Dalle parole ai fatti, questione di qualche mese: oggi lo spazio che nasce in Piazza Europa, è finalmente pronto: "Startè ha tagliato il traguardo del decennio e dopo diverse iniziative in giro per l’Italia e in Europa, torna a casa con una struttura che è in parte dedicata ad ospitare eventi, in parte sarà fruibile come vera e propria sede dell’associazione. E avrà una working room per l’ospitalità dei nostri soci. Ringrazio Marco Condotti per la ristrutturazione degli spazi, Giovanni Zhou, segreteria generale Startè e vicepresidente della Camera di Commercio Generale Cinese e presidente dell’Associazione La Spezia Amici della Cina, che avrà un ufficio in quegli stessi spazi" - continua Asti. Per associarsi a Startè ci sono tre modi: la tessera studenti, la tessera soci ordinari, infine i soci sostenitori con diverse quote: 30-50-500 euro all'anno. "Obiettivo minimo? Finalmente sono stati riaperti i musei, per teatri e cinema è una questione di posti minimi e di sostenibilità economica. Ho voluto usare questo periodo difficile proprio per predispormi ad un’apertura. L’arte ha bisogno di essere sostenuta anche con azioni di questo tipo: ci aiuteremo con la tecnologia facendo anche iniziative su internet, ma aprire uno spazio è un’azione concreta. La città ne ha bisogno".

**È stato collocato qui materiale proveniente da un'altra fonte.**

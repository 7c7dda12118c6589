-- ===== src/Translation/Finalise/Reference/Loop.antt =====
-- The loops of `Finalise` return what it is to return.
use mathlib.Core.List.{append-nil, map}
use reil.Base.{
  ℕ, zero, suc, ◌-◌, ◌≤◌, ◌≡◌, refl, sym, ap, ◌∙◌, not, ◌==◌, false, if◌then◌else◌, arith, Option,
  some, none, List, [], ◌∷◌, ◌++◌, length, ok, inl, inr, Option-cases, length-append,
}
use reil.Base.{==_iff}
use reil.Instruction.{Instruction}
use reil.Translation.{Translation}
use reil.Translation.Finalise.{
  placed_label, resolve_one, resolve, erase_at, place, finalise_from, finalise,
}
use reil.Translation.Finalise.Forward.{
  length-resolve, resolve-append, erase_at-append, get_elem?-append, get_elem?-end,
}
use reil.Translation.Finalise.Whole.{
  place-none, place-some, next_front, length-next_front, finalise_from-step, finalise_from-end,
}
use reil.Translation.Finalise.Reference.{place_from, link, kept, finalised, IsSpaced}
use reil.Translation.Finalise.Reference.Links.{
  IsSpaced-resolve, place_from-plain, place_from-mark, place_from-resolve, kept-plain, kept-mark,
  kept-resolve, with_mark, map-link-same, map-link-none, map-link-resolve,
}

-- What is to come of a list of which the loop has passed the front, of length `i`.
abbrev target : ℕ → List Instruction → List Instruction → List Instruction
target i front back = map (link (λ index. place_from i index back)) (front ++ kept back)

-- A list of which the loop has passed the first `i` instructions, with at most `left` behind them,
-- and of which the wanted list is to come.
record IsPassed (i left : ℕ) (wanted l : List Instruction) : Type 0 where
  front : List Instruction
  back : List Instruction
  whole : l ≡ front ++ back
  here : i ≡ length front
  spaced : IsSpaced back
  behind : length back ≤ left
  same : wanted ≡ target i front back

module _ (i : ℕ) (front : List Instruction) (ri : Instruction) (e : i ≡ length front) where
  plain-target :
      (back : List Instruction)
      → placed_label ri ≡ none
      → target i front (ri ∷ back) ≡ target (suc i) (front ++ ri ∷ []) back
  plain-target back plain =
      map-link-same (λ index. place_from i index (ri ∷ back))
        (λ index. place_from (suc i) index back) (λ index. place_from-plain i index ri back plain)
        (front ++ kept (ri ∷ back))
      ∙ ap (λ l. map (link (λ index. place_from (suc i) index back)) l)
          (ap (λ l. front ++ l) (kept-plain ri back plain) ∙ next_front front ri (kept back))

  plain-IsPassed :
      (back : List Instruction)
      → IsSpaced (ri ∷ back)
      → placed_label ri ≡ none
      → IsPassed
          (suc i)
          (length back)
          (target i front (ri ∷ back))
          (place i ri (front ++ ri ∷ back))
  plain-IsPassed back s plain = record {
    front = front ++ ri ∷ [];
    back = back;
    whole = place-none i ri (front ++ ri ∷ back) plain ∙ next_front front ri back;
    here = omega (arith, length-next_front front ri);
    spaced = s.1;
    behind = omega arith;
    same = plain-target back plain;
  }

  module _ (index : ℕ) (placed : placed_label ri ≡ some index) where
    last_place : place i ri (front ++ ri ∷ []) ≡ resolve index i (front ++ ri ∷ [])
    last_place =
        place-some i index ri (front ++ ri ∷ []) placed
        ∙ ap
            (λ b.
              if not b
              then erase_at i (resolve index i (front ++ ri ∷ []))
              else resolve index i (front ++ ri ∷ []))
            ((==_iff i (length (front ++ ri ∷ []) - 1)).1
              (omega (arith, length-append front (ri ∷ []))))

    last-target : target i front (ri ∷ []) ≡ target (suc i) (resolve index i (front ++ ri ∷ [])) []
    unfolding place_from kept
    last-target =
        let l = front ++ ri ∷ [] in
        map-link-same (λ other. place_from i other (ri ∷ [])) (with_mark index i (λ _. none))
          (λ other. place_from-mark i other index ri [] placed) l
        ∙ sym (map-link-resolve index i (λ _. none) l)
        ∙ ap (map (link (λ _. none))) (sym (append-nil (resolve index i l)))

    last-IsPassed : IsPassed (suc i) 0 (target i front (ri ∷ [])) (place i ri (front ++ ri ∷ []))
    last-IsPassed =
        let l = front ++ ri ∷ [] in
        record {
          front = resolve index i l;
          back = [];
          whole = last_place ∙ sym (append-nil (resolve index i l));
          here = omega (arith, length-next_front front ri, length-resolve index i l);
          spaced = tt;
          behind = omega arith;
          same = last-target;
        }

    module _ (next : Instruction) (back : List Instruction) where
      not_last : (i == length (front ++ ri ∷ next ∷ back) - 1) ≡ false
      not_last = ground (arith, length-append front (ri ∷ next ∷ back))

      erased_place :
          place i ri (front ++ ri ∷ next ∷ back)
          ≡ erase_at i (resolve index i (front ++ ri ∷ next ∷ back))
      erased_place =
          place-some i index ri (front ++ ri ∷ next ∷ back) placed
          ∙ ap
              (λ b.
                if not b
                then erase_at i (resolve index i (front ++ ri ∷ next ∷ back))
                else resolve index i (front ++ ri ∷ next ∷ back))
              not_last

      erased :
          erase_at i (resolve index i (front ++ ri ∷ next ∷ back))
          ≡ (resolve index i front ++ resolve_one index i next ∷ []) ++ resolve index i back
      unfolding resolve
      erased =
          ap (erase_at i) (resolve-append index i front (ri ∷ next ∷ back))
          ∙ erase_at-append (resolve index i front) (resolve_one index i ri)
              (resolve index i (next ∷ back)) i (e ∙ sym (length-resolve index i front))
          ∙ next_front (resolve index i front) (resolve_one index i next) (resolve index i back)

      -- The front and what is to come of the back, before and after the jumps are resolved.
      resolved_kept :
          (resolve index i front ++ resolve_one index i next ∷ []) ++ kept (resolve index i back)
          ≡ resolve index i (front ++ next ∷ kept back)
      unfolding resolve
      resolved_kept =
          sym (
            next_front (resolve index i front) (resolve_one index i next)
              (kept (resolve index i back)))
          ∙ ap (λ l. resolve index i front ++ resolve_one index i next ∷ l)
              (kept-resolve index i back)
          ∙ sym (resolve-append index i front (next ∷ kept back))

      erased-target :
          placed_label next ≡ none
          → target i front (ri ∷ next ∷ back)
            ≡ target
                (suc i)
                (resolve index i front ++ resolve_one index i next ∷ [])
                (resolve index i back)
      erased-target free =
          let behind : ℕ → Option ℕ = λ other. place_from (suc i) other back in
          map-link-same (λ other. place_from i other (ri ∷ next ∷ back)) (with_mark index i behind)
            (λ other.
              place_from-mark i other index ri (next ∷ back) placed
              ∙ ap (λ o. if index == other then some i else o)
                  (place_from-plain i other next back free))
            (front ++ kept (ri ∷ next ∷ back))
          ∙ ap (λ l. map (link (with_mark index i behind)) (front ++ l))
              (kept-mark index ri next back placed ∙ kept-plain next back free)
          ∙ sym (map-link-resolve index i behind (front ++ next ∷ kept back))
          ∙ ap (map (link behind)) (sym resolved_kept)
          ∙ map-link-same behind (λ other. place_from (suc i) other (resolve index i back))
              (λ other. sym (place_from-resolve index i (suc i) other back))
              ((resolve index i front ++ resolve_one index i next ∷ [])
                ++ kept (resolve index i back))

      erased-IsPassed :
          placed_label next ≡ none
          → IsSpaced back
          → IsPassed
              (suc i)
              (suc (length back))
              (target i front (ri ∷ next ∷ back))
              (place i ri (front ++ ri ∷ next ∷ back))
      erased-IsPassed free s = record {
        front = resolve index i front ++ resolve_one index i next ∷ [];
        back = resolve index i back;
        whole = erased_place ∙ erased;
        here = omega (
          arith,
          length-next_front (resolve index i front) (resolve_one index i next),
          length-resolve index i front,
        );
        spaced = IsSpaced-resolve index i back s;
        behind = omega (arith, length-resolve index i back);
        same = erased-target free;
      }

  no_mark : (l : ℕ) → placed_label ri ≡ none → ¬ (placed_label ri ≡ some l)
  no_mark l e h = absurd (cc)

  place-IsPassed :
      (back : List Instruction)
      → IsSpaced (ri ∷ back)
      → IsPassed
          (suc i)
          (length back)
          (target i front (ri ∷ back))
          (place i ri (front ++ ri ∷ back))
  place-IsPassed [] s = elim (Option-cases (placed_label ri)) [
    | inl plain ↦ plain-IsPassed [] s plain
    | inr (index, placed) ↦ last-IsPassed index placed
  ]
  place-IsPassed (next ∷ back) s = elim (Option-cases (placed_label ri)) [
    | inl plain ↦ plain-IsPassed (next ∷ back) s plain
    | inr (index, placed) ↦ elim s.0 [
      | inl plain ↦ absurd (no_mark index plain placed)
      | inr free ↦ erased-IsPassed index placed next back free s.1.1
    ]
  ]

end_target : (i : ℕ) (front : List Instruction) → front ++ [] ≡ target i front []
unfolding place_from kept
end_target i front = sym (map-link-none (front ++ []))

finalise_from-target :
    (fuel i : ℕ) (front back : List Instruction)
    → i ≡ length front
    → IsSpaced back
    → length back ≤ fuel
    → finalise_from fuel i (front ++ back) ≡ ok (target i front back)
finalise_from-target fuel i front [] e s enough =
    let nothing : length (front ++ []) ≡ length front = ap length (append-nil front) in
    finalise_from-end fuel i (front ++ []) (get_elem?-end (front ++ []) i (omega arith))
    ∙ ap ok (end_target i front)
finalise_from-target zero i front (ri ∷ back) e s enough = absurd (omega arith)
finalise_from-target (suc fuel) i front (ri ∷ back) e s enough =
    let p = place-IsPassed i front ri e back s in
    finalise_from-step fuel i ri (front ++ ri ∷ back) (get_elem?-append front ri back i e)
    ∙ ap (finalise_from fuel (suc i)) p.whole
    ∙ finalise_from-target fuel (suc i) p.front p.back p.here p.spaced (omega (arith, p.behind))
    ∙ ap ok (sym p.same)

-- On a translation in which no label is placed right behind another, `Finalise` ends and returns
-- its instructions without those that mark places, but for one at the end, and with every jump to a
-- label that is placed going to the offset of its first place, modulo 65536; other jumps are as they
-- were.
pub finalise-finalised :
    (t : Translation) → IsSpaced t.translation → finalise t ≡ ok (finalised t.translation)
unfolding finalise
finalise-finalised t s =
    finalise_from-target (length t.translation) 0 [] t.translation refl s (omega arith)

Cosa c'è in mostra? Il confronto con il lavoro di un artista e quello di colleghe con linguaggi espressivi diversi che cambiano nel tempo: "Quando Paolo ha deciso di farmi la festa - spiega Francesco Vaccarone, alludendo ai suoi ottant'anni compiuti lo scorso anno -, abbiamo pensato anche a come potessi passare idealmente il testimone. Nel libro ci sono gli "epitaffi" di tanti carissimi amici che ringrazio; al tempo stesso sono state scelte otto giovani artiste con le quali ho l'onore di inaugurare questi spazi che Paolo Asti ha voluto donare alla città. Questa è una piccola realtà che ha però una tradizione artistica importante: ricordo, tra le altre cose, che qui ci sono stati tre premi Strega. Credo che l’arte contemporanea debba essere un luogo aperto, proprio come Startè". Presenti nella giornata inaugurale Giorgia Abbati e Luna Berlusconi: "Due anni fa ho conosciuto il maestro, sono entrata nel suo studio e ho avuto la possibilità di viverne la magia - spiega quest'ultima -. Siamo rimasti in contatto ed eccoci qui: è un onore partecipare ad una collettiva con il Maestro Vaccarone. Musei chiusi per troppo tempo? Credo soffriranno ancora ma c’è una progettazione sul digitale che si deve portare avanti, anche se io stessa non riesco a trovare piacere a guardare attraverso il pc: si perde l'energia dell’opera. Sinceramente quando mi ha chiamato Paolo ho avuto una sensazione di liberazione. Di fatto era un anno intero che non esponevo, era saltata anche una mostra in programma all’estero. E' chiaro che per un'artista l’esposizione è la cosa più importante". Giorgia Abbati è invece di Parma ma i suoi studi universitari li ha fatti a Bologna, sotto la guida di Valerio Deho: "Ho conosciuto Paolo Asti grazie a Deho, sono stati entrambi molto disponibili. Queste iniziative fanno sentire considerate, stabilire rapporti e favorire un dialogo. Felice di aver conosciuto Vaccarone, anche io sono stata nel suo studio. Non ero mai stata a Spezia fino alla scorsa settimana, ho visto Piazza Verdi, ho molto apprezzato le installazioni di Buren. Ringrazioe e spero in altri dialoghi come questo. Ora è tutto più distante però secondo me dobbiamo sfruttare le opportunità che ci sono online per "far girare" la cultura. I musei devono osare di più e meglio su internet. Puntare di più sull qualità di quello che espongo".